[Source material]
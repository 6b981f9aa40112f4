-- ===== src/Runtime/Merge/Step.antt =====
-- What every round of the merger of merge.rs keeps, over a channel that accepts all it is sent.
use mathlib.Core.List.{append-nil, append_assoc}
use flume_rs.Base.{
  ℕ, ◌≡◌, ◌<◌, ◌⊎◌, refl, ◌∙◌, List, [], ◌∷◌, ◌++◌, Bool, true, false, Option, none, some, min,
  arith,
}
use flume_rs.Core.Record.{CheckpointBarrier, StreamElement, rec, watermark, checkpoint_barrier}
use flume_rs.Core.Result.{FlumeResult, ok, for_each}
use flume_rs.Core.Collector.{recorder}
use flume_rs.Runtime.Merge.Views.{
  Output, lefts, rights, records, lefts-append, rights-append, Rises, Rises-append,
}
use flume_rs.Runtime.Merge.{
  Side, first, second, Merge, handle_element1, handle_element2, try_flush_barriers, wait_for_1,
  wait_for_2, read_1, read_2, read_open, dispatch, round, initial, tag1, tag2,
}

module _ {A B : Type 0} (all1 : List (StreamElement A)) (all2 : List (StreamElement B)) where
  -- `sent` is the output so far of a merger that began with the inputs `all1` and `all2`.
  pub record IsValid (m : Merge A B) (sent : Output A B) : Type 0 where
    pub unbuffered1 : m.buffer1 ≡ []
    pub unbuffered2 : m.buffer2 ≡ []
    pub one_waits : (m.pending_barrier_from_1 ≡ none) ⊎ (m.pending_barrier_from_2 ≡ none)
    pub open1 : (m.pending_barrier_from_1 ≡ none) ⊎ (m.input1_open ≡ true)
    pub open2 : (m.pending_barrier_from_2 ≡ none) ⊎ (m.input2_open ≡ true)
    pub drained1 : (m.input1_open ≡ true) ⊎ (m.input1 ≡ [])
    pub drained2 : (m.input2_open ≡ true) ⊎ (m.input2 ≡ [])
    pub records1 : lefts sent ++ records m.input1 ≡ records all1
    pub records2 : rights sent ++ records m.input2 ≡ records all2
    pub rises : Rises 0 sent m.last_forwarded_watermark

  abbrev pub Keeps : FlumeResult (Unit {0}) × (Merge A B × Output A B) → Type 0
  Keeps r = (r.0 ≡ ok tt) × IsValid r.1.0 r.1.1

  -- A rising watermark joins the output.
  sends_watermark :
      (m : Merge A B) (sent : Output A B) (t : ℕ)
      → IsValid m sent
      → let sent' = sent ++ watermark (record { timestamp = t }) ∷ [] in
        (lefts sent' ≡ lefts sent)
        × (rights sent' ≡ rights sent)
        × (m.last_forwarded_watermark < t → Rises 0 sent' t)
  sends_watermark m sent t v = (
    lefts-append sent _ ∙ append-nil (lefts sent),
    rights-append sent _ ∙ append-nil (rights sent),
    λ h. Rises-append 0 m.last_forwarded_watermark t sent _ v.rises (h, refl),
  )

  -- So does a barrier.
  sends_barrier :
      (m : Merge A B) (sent : Output A B) (b : CheckpointBarrier)
      → IsValid m sent
      → let sent' = sent ++ checkpoint_barrier b ∷ [] in
        (lefts sent' ≡ lefts sent)
        × (rights sent' ≡ rights sent)
        × Rises 0 sent' m.last_forwarded_watermark
  sends_barrier m sent b v = (
    lefts-append sent _ ∙ append-nil (lefts sent),
    rights-append sent _ ∙ append-nil (rights sent),
    Rises-append 0 m.last_forwarded_watermark m.last_forwarded_watermark sent _ v.rises refl,
  )

  read_1-Keeps :
      (m : Merge A B) (sent : Output A B) (xs : List (StreamElement A))
      → m.input1 ≡ xs
      → IsValid m sent
      → m.pending_barrier_from_1 ≡ none
      → m.pending_barrier_from_2 ≡ none
      → m.input1_open ≡ true
      → Keeps (read_1 recorder (m, sent))
  unfolding read_1 handle_element1
  read_1-Keeps m sent [] e v p q o = ground arith
  read_1-Keeps m sent (rec r ∷ xs) e v p q o = ground (
    arith,
    lefts-append sent (tag1 r ∷ []),
    rights-append sent (tag1 r ∷ []),
    append_assoc (lefts sent) (r ∷ []) (records xs),
    append-nil (rights sent),
    Rises-append 0 m.last_forwarded_watermark m.last_forwarded_watermark sent (tag1 r ∷ []) v.rises
        refl,
  )
  read_1-Keeps m sent (watermark w ∷ xs) e v p q o =
      ground (arith, sends_watermark m sent (min w.timestamp m.watermark2) v)
  read_1-Keeps m sent (checkpoint_barrier b ∷ xs) e v p q o = ground arith

  read_2-Keeps :
      (m : Merge A B) (sent : Output A B) (xs : List (StreamElement B))
      → m.input2 ≡ xs
      → IsValid m sent
      → m.pending_barrier_from_1 ≡ none
      → m.pending_barrier_from_2 ≡ none
      → m.input2_open ≡ true
      → Keeps (read_2 recorder (m, sent))
  unfolding read_2 handle_element2
  read_2-Keeps m sent [] e v p q o = ground arith
  read_2-Keeps m sent (rec r ∷ xs) e v p q o = ground (
    arith,
    lefts-append sent (tag2 r ∷ []),
    rights-append sent (tag2 r ∷ []),
    append_assoc (rights sent) (r ∷ []) (records xs),
    append-nil (lefts sent),
    Rises-append 0 m.last_forwarded_watermark m.last_forwarded_watermark sent (tag2 r ∷ []) v.rises
        refl,
  )
  read_2-Keeps m sent (watermark w ∷ xs) e v p q o =
      ground (arith, sends_watermark m sent (min m.watermark1 w.timestamp) v)
  read_2-Keeps m sent (checkpoint_barrier b ∷ xs) e v p q o = ground arith

  wait_for_1-Keeps :
      (m : Merge A B) (sent : Output A B) (xs : List (StreamElement A)) (b : CheckpointBarrier)
      → m.input1 ≡ xs
      → IsValid m sent
      → m.pending_barrier_from_2 ≡ some b
      → m.pending_barrier_from_1 ≡ none
      → Keeps (wait_for_1 recorder (m, sent))
  unfolding wait_for_1 handle_element1 try_flush_barriers for_each
  wait_for_1-Keeps m sent [] b e v p q = ground (arith, sends_barrier m sent b v)
  wait_for_1-Keeps m sent (rec r ∷ xs) b e v p q = ground (
    arith,
    lefts-append sent (tag1 r ∷ []),
    rights-append sent (tag1 r ∷ []),
    append_assoc (lefts sent) (r ∷ []) (records xs),
    append-nil (rights sent),
    Rises-append 0 m.last_forwarded_watermark m.last_forwarded_watermark sent (tag1 r ∷ []) v.rises
        refl,
  )
  wait_for_1-Keeps m sent (watermark w ∷ xs) b e v p q =
      ground (arith, sends_watermark m sent (min w.timestamp m.watermark2) v)
  wait_for_1-Keeps m sent (checkpoint_barrier c ∷ xs) b e v p q =
      ground (arith, sends_barrier m sent c v)

  wait_for_2-Keeps :
      (m : Merge A B) (sent : Output A B) (xs : List (StreamElement B)) (b : CheckpointBarrier)
      → m.input2 ≡ xs
      → IsValid m sent
      → m.pending_barrier_from_1 ≡ some b
      → m.pending_barrier_from_2 ≡ none
      → Keeps (wait_for_2 recorder (m, sent))
  unfolding wait_for_2 handle_element2 try_flush_barriers for_each
  wait_for_2-Keeps m sent [] b e v p q = ground (arith, sends_barrier m sent b v)
  wait_for_2-Keeps m sent (rec r ∷ xs) b e v p q = ground (
    arith,
    lefts-append sent (tag2 r ∷ []),
    rights-append sent (tag2 r ∷ []),
    append_assoc (rights sent) (r ∷ []) (records xs),
    append-nil (lefts sent),
    Rises-append 0 m.last_forwarded_watermark m.last_forwarded_watermark sent (tag2 r ∷ []) v.rises
        refl,
  )
  wait_for_2-Keeps m sent (watermark w ∷ xs) b e v p q =
      ground (arith, sends_watermark m sent (min m.watermark1 w.timestamp) v)
  wait_for_2-Keeps m sent (checkpoint_barrier c ∷ xs) b e v p q =
      ground (arith, sends_barrier m sent b v)

  read_open-Keeps :
      (choice : Side) (m : Merge A B) (sent : Output A B) (o1 o2 : Bool)
      → m.input1_open ≡ o1
      → m.input2_open ≡ o2
      → IsValid m sent
      → m.pending_barrier_from_1 ≡ none
      → m.pending_barrier_from_2 ≡ none
      → Keeps (read_open recorder choice o1 o2 (m, sent))
  read_open-Keeps first m sent true true d e v p q = read_1-Keeps m sent m.input1 refl v p q d
  read_open-Keeps second m sent true true d e v p q = read_2-Keeps m sent m.input2 refl v p q e
  read_open-Keeps choice m sent true false d e v p q = read_1-Keeps m sent m.input1 refl v p q d
  read_open-Keeps choice m sent false true d e v p q = read_2-Keeps m sent m.input2 refl v p q e
  read_open-Keeps choice m sent false false d e v p q = (refl, v)

  dispatch-Keeps :
      (choice : Side) (m : Merge A B) (sent : Output A B) (p1 p2 : Option CheckpointBarrier)
      → m.pending_barrier_from_1 ≡ p1
      → m.pending_barrier_from_2 ≡ p2
      → IsValid m sent
      → Keeps (dispatch recorder choice p1 p2 (m, sent))
  dispatch-Keeps choice m sent none none p q v =
      read_open-Keeps choice m sent m.input1_open m.input2_open refl refl v p q
  dispatch-Keeps choice m sent none (some b) p q v = wait_for_1-Keeps m sent m.input1 b refl v q p
  dispatch-Keeps choice m sent (some b) none p q v = wait_for_2-Keeps m sent m.input2 b refl v p q
  dispatch-Keeps choice m sent (some b) (some c) p q v = absurd (ground (arith, v.one_waits))

  pub round-Keeps :
      (choice : Side) (m : Merge A B) (sent : Output A B)
      → IsValid m sent
      → Keeps (round recorder choice (m, sent))
  unfolding round
  round-Keeps choice m sent v =
      dispatch-Keeps choice m sent m.pending_barrier_from_1 m.pending_barrier_from_2 refl refl v

  pub initial-IsValid : IsValid (initial all1 all2) []
  initial-IsValid = ground arith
[/Source material]
Among the entries above, copy exactly only the lines starting with the one containing "(o1 o2 : Bool)" and going through the one containing "read_open-Keeps first m", both ends included.

* [Written solution]:
      (choice : Side) (m : Merge A B) (sent : Output A B) (o1 o2 : Bool)
      → m.input1_open ≡ o1
      → m.input2_open ≡ o2
      → IsValid m sent
      → m.pending_barrier_from_1 ≡ none
      → m.pending_barrier_from_2 ≡ none
      → Keeps (read_open recorder choice o1 o2 (m, sent))
  read_open-Keeps first m sent true true d e v p q = read_1-Keeps m sent m.input1 refl v p q d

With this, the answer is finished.